A key strength of the work is a commitment from core staff and stakeholders (including those in bands 5-7 or equivalent roles) to build networks and foster leadership, enabling staff and teams to address challenges in creating a nursing workforce which has the right skills in the right place. Aspiring nurse leaders in particularly have expressed a desire that they be supported to work in this way - to continue to network and to continue system change.

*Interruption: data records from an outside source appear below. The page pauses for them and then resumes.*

-- ===== src/UdpAudio/Stream/Header.antt =====
-- What the receiver of UDPaudio plays of a packet.
use eng_project.Base.{
  ℕ, zero, suc, ◌+◌, ◌-◌, ◌/◌, ◌%◌, ◌≤◌, ◌≡◌, refl, ap, ap₂, ◌∙◌, Bool-cases, inl, inr, false, List,
  [], ◌∷◌, ◌++◌, map, is_neg, ltb, length, length-append, take, take-append_beyond, All, arith,
}
use eng_project.Base.Loop.{run-map}
use eng_project.UdpAudio.Stream.{
  buffer_size, Event, send_to, write, digits, to_string, SendRound, packet_data, send_round,
  audio_sender, ReceiveRound, receive_round, audio_receiver,
}

length-digits : (fuel n : ℕ) → length (digits fuel n) ≤ fuel
unfolding digits
length-digits zero n = omega arith
length-digits (suc fuel) n = elim (Bool-cases (ltb n 10)) [
  | inl last ↦ rw last (omega arith)
  | inr more ↦ rw more (
      omega (
        arith,
        length-digits fuel (n / 10),
        length-append (digits fuel (n / 10)) ((b'0' + n % 10) ∷ []),
      ))
]

length-to_string : (n : ℕ) → length (to_string n) ≤ 19
unfolding to_string
length-to_string n = length-digits 19 n

-- The datagrams that are sent, and what is given to PulseAudio, in order.
unfoldable pub sends : List Event → List (List ℕ)
sends [] = []
sends (send_to bytes ∷ es) = bytes ∷ sends es
sends (_ ∷ es) = sends es

unfoldable pub writes : List Event → List (List ℕ)
writes [] = []
writes (write bytes ∷ es) = bytes ∷ writes es
writes (_ ∷ es) = writes es

sends-append : (es fs : List Event) → sends (es ++ fs) ≡ sends es ++ sends fs
unfolding sends
sends-append [] fs = refl
sends-append (send_to bytes ∷ es) fs = ap (◌∷◌ bytes) (sends-append es fs)
sends-append (_ ∷ es) fs = sends-append es fs

writes-append : (es fs : List Event) → writes (es ++ fs) ≡ writes es ++ writes fs
unfolding writes
writes-append [] fs = refl
writes-append (write bytes ∷ es) fs = ap (◌∷◌ bytes) (writes-append es fs)
writes-append (_ ∷ es) fs = writes-append es fs

abbrev pub IsSent : SendRound → Type 0
IsSent r = (is_neg r.read ≡ false) × (r.throws ≡ false)

abbrev pub IsWritten : ReceiveRound → Type 0
IsWritten r = (r.throws ≡ false) × (is_neg r.written ≡ false)

abbrev packet : SendRound → List ℕ
packet r = packet_data r.timestamp r.buffer

send_round-sends :
    (u : Unit {0}) (r : SendRound)
    → Unit {0}
    → IsSent r
    → ((send_round u r).out ≡ false) × Unit {0} × (sends (send_round u r).events ≡ packet r ∷ [])
unfolding send_round sends
send_round-sends u r t h = rw (h.0, h.1) (refl, tt, refl)

receive_round-writes :
    (u : Unit {0}) (r : ReceiveRound)
    → Unit {0}
    → IsWritten r
    → ((receive_round u r).out ≡ false)
      × Unit {0}
      × (writes (receive_round u r).events ≡ take buffer_size r.datagram ∷ [])
unfolding receive_round writes
receive_round-writes u r t h = rw (h.0, h.1) (refl, tt, refl)

sends_all :
    (rounds : List SendRound) → All IsSent rounds → sends (audio_sender rounds) ≡ map packet rounds
unfolding audio_sender sends
sends_all rounds fine =
    (run-map send_round {P = λ u. Unit {0}} {Q = IsSent} sends packet refl sends-append
      send_round-sends tt rounds tt fine).2

abbrev cut : ReceiveRound → List ℕ
cut r = take buffer_size r.datagram

writes_all :
    (rounds : List ReceiveRound)
    → All IsWritten rounds
    → writes (audio_receiver rounds) ≡ map cut rounds
unfolding audio_receiver writes
writes_all rounds fine =
    (run-map receive_round {P = λ u. Unit {0}} {Q = IsWritten} writes cut refl writes-append
      receive_round-writes tt rounds tt fine).2

-- The time in decimal, a bar, and of the sound what there is room for behind them.
abbrev pub heard : SendRound → List ℕ
heard r = to_string r.timestamp ++ b'|' ∷ (take (4095 - length (to_string r.timestamp)) r.buffer)

cut_packet : (r : SendRound) → take buffer_size (packet r) ≡ heard r
unfolding packet_data
cut_packet r =
    let time : List ℕ = to_string r.timestamp in
    let room : buffer_size - length time ≡ suc (4095 - length time) =
      omega (arith, length-to_string r.timestamp) in
    take-append_beyond buffer_size time (b'|' ∷ r.buffer)
      (omega (arith, length-to_string r.timestamp))
    ∙ ap (λ (n : ℕ). time ++ take n (b'|' ∷ r.buffer)) room

cut_all :
    (rounds : List SendRound) (received : List ReceiveRound)
    → map (λ (r : ReceiveRound). r.datagram) received ≡ map packet rounds
    → map cut received ≡ map heard rounds
cut_all [] [] e = refl
cut_all [] (q ∷ received) e = cc
cut_all (r ∷ rounds) [] e = cc
cut_all (r ∷ rounds) (q ∷ received) e =
    let first : q.datagram ≡ packet r = cc in
    let others : map (λ (x : ReceiveRound). x.datagram) received ≡ map packet rounds = cc in
    ap₂ ◌∷◌ (ap (take buffer_size) first ∙ cut_packet r) (cut_all rounds received others)

-- The time is heard and the end of the sound is lost: if each round of the sender reads its buffer
-- and sends it, the datagrams arrive in order, and each write succeeds, then PulseAudio is given, in
-- place of each captured buffer, the decimal digits of the time, a bar, and the buffer without its
-- last bytes, as many as digits and bar have taken up.
pub time-heard :
    (rounds : List SendRound) (received : List ReceiveRound)
    → All IsSent rounds
    → All IsWritten received
    → map (λ (r : ReceiveRound). r.datagram) received ≡ sends (audio_sender rounds)
    → writes (audio_receiver received) ≡ map heard rounds
time-heard rounds received sent written arrived =
    writes_all received written ∙ cut_all rounds received (arrived ∙ sends_all rounds sent)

Some examples of initiatives delivered as part of the CapitalNurse programme include:

  • a career planning tool underpinned by an evidence-based framework for role and career development
  • agreed preceptorship standards and a quality kite mark system leading to a 2.48 per cent improvement in retention in one year, the equivalent of 82 WTE nurses
  • standardised training in urgent and emergency care through developing a qualification in specialism programme costing at least 50 per cent less than previous models of training and which has trained 245 nurses over the past 18 months
  • systemic anti-cancer treatment standardised training and skills passport recordable on ESR which has been adopted to train 1000 nurses nationally since its development
  • a standardised digital training programme for nurses administering IV medication has been developed in partnership with all London NHS organisations and a range of other providers and is currently being tested
  • a model for a pan-London approach to international recruitment
  • collaborative immersive engagement events and conferences to collaborate and share good practice attended by over 5000 nurses.

Overcoming obstacles

CapitalNurse grew out of the desire of London’s senior nurses to bring about a sustainable solution to a long-standing shortage of nurses across the capital which varied in nature in different parts of the city. Key to bringing about collective action and sustaining

improvements has required continuous ongoing engagement at all levels, through a range

of events and activities, including establishing CapitalNurse student ambassadors and by establishing a powerful brand identity. With at least one fifth of England’s nurses working across 100s of employers this is an ongoing challenge, prioritising communications and engagement work is an ongoing essential activity.

Pros

  • Positive reputation of CapitalNurse brand promoting and celebrating nursing.
  • Improved recruitment and retention of nurses.
  • Standardising of post-registration training improves speed of access and portability of skills between employers.

Cons

  • Scale and complexity of London healthcare system means it is difficult to associate direct correlation between impact of specific initiative and workforce improvement.
  • Ongoing collective system leadership and engagement at all levels required to sustain and spread impact.
  • Focus of improvement work will need to change in response to changing health and care context.
  • CapitalNurse is focussed on London’s nursing issues so not all activity may be relevant to other parts of the country.

Takeaway tips

  1. Get top level (regional) buy-in and use nurses who are system leaders and key influencers to sponsor/lead initiatives.
  2. Prioritise investment in engagement and communications at all levels. Bring nurses together to listen to and understand each other’s specific issues and enable them to agree and sustain a plan of action together.
  3. Secure funding for a small programme management team with clear governance linked to the Regional People Board.
  4. Measure success of co-created initiatives/solutions and celebrate achievements to spread the impact.
  5. Show rather than tell – use stories of improvement to share and spread good practice.
  6. Secure workforce intelligence support to underpin improvement work with data.